特に睡眠時間が少ない事や就寝時間が遅い事が肥満に関連していると言われている。
そこで、就学前に早い時間に就寝していると思春期に肥満になるリスクが減少するのかを調べる。
【対象】
1991年に、アメリカの9つの州にある24の病院から募集した1,364名子供を対象とした研究(Study of Early Child Care and Youth Development)に参加した子供のうちの977名。
【方法】
子供の平均的な就寝時間について54か月の間、電話や家庭訪問によって調査し、12~15.9歳(平均的に15歳)での子供の身体測定を行った。
【結果】
・1/4の子供は20時もしくはそれ以前に、半数は20~21時までに、残りの1/4は21時以降に就寝していた。
・白人でない人種や民族、低学歴の母親、低所得世帯では就学前に就寝時間が遅い可能性が有意に高かった。
・思春期の子供の肥満有病率は、20時までの就寝で10%、20~21時で16%、21時以降では23%であった。

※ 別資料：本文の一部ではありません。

-- ===== src/Detector/Sweep.antt =====
-- burst_detect.c: the loops of `delete_gone_bursts` and `create_new_bursts` that move bursts from one
-- array to another while they walk it (`push_burst`, `remove_burst`).
use iridium_sniffer.Base.{
  ℕ, zero, suc, ◌≤◌, List, [], ◌∷◌, ◌++◌, none, some, Bool, true, false, ◌||◌, length, get_elem?,
  take, drop, Bool-cases, inl, inr, ◌≡◌, refl, sym, ap, ◌∙◌, arith,
}
use mathlib.Core.List.{append_assoc, append-nil}

or_false : (flag : Bool) → flag || false ≡ flag
or_false true = refl
or_false false = refl

or_assoc : (a b c : Bool) → (a || b) || c ≡ a || (b || c)
or_assoc true b c = refl
or_assoc false b c = refl

-- Which entries leave, which of them set the flag, and what is written into one that leaves.
pub record Rule {ℓ} (A : Type ℓ) : Type ℓ where
  pub leaves : A → Bool
  pub flags : A → Bool
  pub mark : A → A

module _ {ℓ} {A : Type ℓ} where
  -- The memmove that closes the gap at `idx`.
  abbrev pub remove_burst : List A → ℕ → List A
  remove_burst arr idx = take idx arr ++ drop (suc idx) arr

  -- The array from index `i` on, what has left it, and the flag, in `fuel` rounds.
  unfoldable pub sweep : Rule A → ℕ → ℕ → List A → List A → Bool → List A × List A × Bool
  sweep r zero i arr gone flag = (arr, gone, flag)
  sweep r (suc fuel) i arr gone flag = elim (get_elem? arr i) [
    | none ↦ (arr, gone, flag)
    | some b ↦ elim (r.leaves b) [
      | true ↦ sweep r fuel i (remove_burst arr i) (gone ++ (r.mark b ∷ [])) (flag || r.flags b)
      | false ↦ sweep r fuel (suc i) arr gone (flag || r.flags b)
    ]
  ]

  -- One pass, without an index.
  abbrev pub kept : Rule A → List A → List A
  kept r [] = []
  kept r (b ∷ arr) = elim (r.leaves b) [ true ↦ kept r arr | false ↦ b ∷ kept r arr ]

  abbrev pub left : Rule A → List A → List A
  left r [] = []
  left r (b ∷ arr) = elim (r.leaves b) [ true ↦ r.mark b ∷ left r arr | false ↦ left r arr ]

  abbrev pub flagged : Rule A → List A → Bool
  flagged r [] = false
  flagged r (b ∷ arr) = r.flags b || flagged r arr

  middle : (pre arr : List A) (b : A) → get_elem? (pre ++ (b ∷ arr)) (length pre) ≡ some b
  middle [] arr b = refl
  middle (p ∷ pre) arr b = middle pre arr b

  without_middle :
      (pre arr : List A) (b : A) → remove_burst (pre ++ (b ∷ arr)) (length pre) ≡ pre ++ arr
  without_middle [] arr b = refl
  without_middle (p ∷ pre) arr b = ap (λ r. p ∷ r) (without_middle pre arr b)

  end : (pre : List A) → get_elem? pre (length pre) ≡ none
  end [] = refl
  end (p ∷ pre) = end pre

  length-snoc : (pre : List A) (b : A) → suc (length pre) ≡ length (pre ++ (b ∷ []))
  length-snoc [] b = refl
  length-snoc (p ∷ pre) b = ap suc (length-snoc pre b)

  leave_step :
      (r : Rule A) (fuel : ℕ) (pre arr gone : List A) (b : A) (flag : Bool)
      → r.leaves b ≡ true
      → sweep r (suc fuel) (length pre) (pre ++ (b ∷ arr)) gone flag
        ≡ sweep r fuel (length pre) (pre ++ arr) (gone ++ (r.mark b ∷ [])) (flag || r.flags b)
  unfolding sweep
  leave_step r fuel pre arr gone b flag e =
      rw (sweep, middle pre arr b, e, without_middle pre arr b) refl

  stay_step :
      (r : Rule A) (fuel : ℕ) (pre arr gone : List A) (b : A) (flag : Bool)
      → r.leaves b ≡ false
      → sweep r (suc fuel) (length pre) (pre ++ (b ∷ arr)) gone flag
        ≡ sweep r fuel
            (length (pre ++ (b ∷ [])))
            ((pre ++ (b ∷ [])) ++ arr)
            gone
            (flag || r.flags b)
  unfolding sweep
  stay_step r fuel pre arr gone b flag e =
      rw (append_assoc pre (b ∷ []) arr, sym (length-snoc pre b), sweep, middle pre arr b, e) refl

  sweep_from :
      (r : Rule A) (fuel : ℕ) (pre arr gone : List A) (flag : Bool)
      → length arr ≤ fuel
      → sweep r fuel (length pre) (pre ++ arr) gone flag
        ≡ (pre ++ kept r arr, gone ++ left r arr, flag || flagged r arr)
  unfolding sweep
  sweep_from r zero pre [] gone flag h = rw (append-nil gone, or_false flag) refl
  sweep_from r (suc fuel) pre [] gone flag h =
      rw (append-nil pre, end pre, sweep, append-nil pre, append-nil gone, or_false flag) refl
  sweep_from r zero pre (b ∷ arr) gone flag h = absurd (omega arith)
  sweep_from r (suc fuel) pre (b ∷ arr) gone flag h = elim (Bool-cases (r.leaves b)) [
    | inl e ↦
        leave_step r fuel pre arr gone b flag e
        ∙ sweep_from r fuel pre arr (gone ++ (r.mark b ∷ [])) (flag || r.flags b) (omega arith)
        ∙ rw
            (
              kept,
              left,
              e,
              append_assoc gone (r.mark b ∷ []) (left r arr),
              or_assoc flag (r.flags b) (flagged r arr),
            )
            refl
    | inr e ↦
        stay_step r fuel pre arr gone b flag e
        ∙ sweep_from r fuel (pre ++ (b ∷ [])) arr gone (flag || r.flags b) (omega arith)
        ∙ rw
            (
              kept,
              left,
              e,
              append_assoc pre (b ∷ []) (kept r arr),
              or_assoc flag (r.flags b) (flagged r arr),
            )
            refl
  ]

  -- As many rounds as there are entries are enough, and each entry is looked at once.
  pub sweep-once :
      (r : Rule A) (arr gone : List A)
      → sweep r (length arr) 0 arr gone false ≡ (kept r arr, gone ++ left r arr, flagged r arr)
  sweep-once r arr gone = sweep_from r (length arr) [] arr gone false (omega arith)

・20時までに就寝する子供は21時以降に就寝する子供と比較し、思春期に肥満になるリスクが48%低かった。
【まとめ】
就学前の子供が早い時間帯に就寝することで、思春期の肥満リスクが減少する可能性がある。
<論文要旨>
http://www.jpeds.com/article/S0022-3476(16)30361-4/fulltext
共働き世帯や旦那さんの帰りが遅いお家は、子供を20時に寝かしつけるのは難しいかもしれないですね
しかし、小学校入学以降は就寝時間がどんどん遅くなっていく傾向にあるため、就学前に遅く眠る習慣がついていると子供の睡眠時間がどんどん減っていってしまいます
子供の就寝時間が遅く睡眠時間が短いと肥満につながるだけでなく、集中力、学習能力、運動能力の低下など様々な悪影響が考えられます
22時以降に眠る子もいるようですが、最低でも21時、できれば20時に子供が眠ることができるように、夕食や就寝の時間を決めて実行した方が良さそうです
親の生活リズムに子供が合わせるのではなく、子供の生活リズムに親が合わせる努力も必要ですね
(さ)
<参考>
・Yamanashi Nursing Journal Vol.5 No.2 (2007)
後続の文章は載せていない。